* [What the task requires] When a line in the entries below contains "append", tally it; give the tally with nothing added.

* [Data to use]

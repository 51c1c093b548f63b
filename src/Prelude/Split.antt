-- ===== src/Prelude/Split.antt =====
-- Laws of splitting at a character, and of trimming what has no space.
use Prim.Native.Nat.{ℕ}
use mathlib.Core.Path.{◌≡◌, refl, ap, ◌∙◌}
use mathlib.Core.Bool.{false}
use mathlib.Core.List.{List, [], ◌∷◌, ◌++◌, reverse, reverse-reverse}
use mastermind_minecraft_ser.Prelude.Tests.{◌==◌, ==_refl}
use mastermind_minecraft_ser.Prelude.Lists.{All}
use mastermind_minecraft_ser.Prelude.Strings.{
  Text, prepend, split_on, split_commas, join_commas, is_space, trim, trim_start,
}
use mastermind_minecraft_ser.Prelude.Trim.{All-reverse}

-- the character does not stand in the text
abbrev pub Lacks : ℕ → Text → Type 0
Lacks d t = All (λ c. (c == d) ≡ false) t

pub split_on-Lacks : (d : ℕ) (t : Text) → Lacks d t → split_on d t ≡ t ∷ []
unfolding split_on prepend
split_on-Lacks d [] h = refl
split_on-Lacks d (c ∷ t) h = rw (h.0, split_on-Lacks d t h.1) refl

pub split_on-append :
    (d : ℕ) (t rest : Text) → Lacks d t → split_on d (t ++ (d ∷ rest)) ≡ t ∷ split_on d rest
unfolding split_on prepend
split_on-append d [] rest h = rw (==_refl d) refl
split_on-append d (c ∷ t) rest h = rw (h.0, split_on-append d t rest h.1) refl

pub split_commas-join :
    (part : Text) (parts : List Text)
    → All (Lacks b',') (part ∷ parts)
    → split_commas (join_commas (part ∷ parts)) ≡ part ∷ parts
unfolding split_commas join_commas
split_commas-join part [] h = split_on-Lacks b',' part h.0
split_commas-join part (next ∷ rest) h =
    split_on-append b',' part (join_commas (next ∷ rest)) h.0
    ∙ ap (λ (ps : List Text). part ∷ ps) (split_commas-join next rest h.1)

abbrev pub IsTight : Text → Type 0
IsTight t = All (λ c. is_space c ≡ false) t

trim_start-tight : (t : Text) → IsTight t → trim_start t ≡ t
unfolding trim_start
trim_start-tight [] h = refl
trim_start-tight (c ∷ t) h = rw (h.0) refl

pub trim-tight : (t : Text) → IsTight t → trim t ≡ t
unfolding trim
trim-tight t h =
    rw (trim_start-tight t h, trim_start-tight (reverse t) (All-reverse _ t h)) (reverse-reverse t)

* [Finished exercise] 4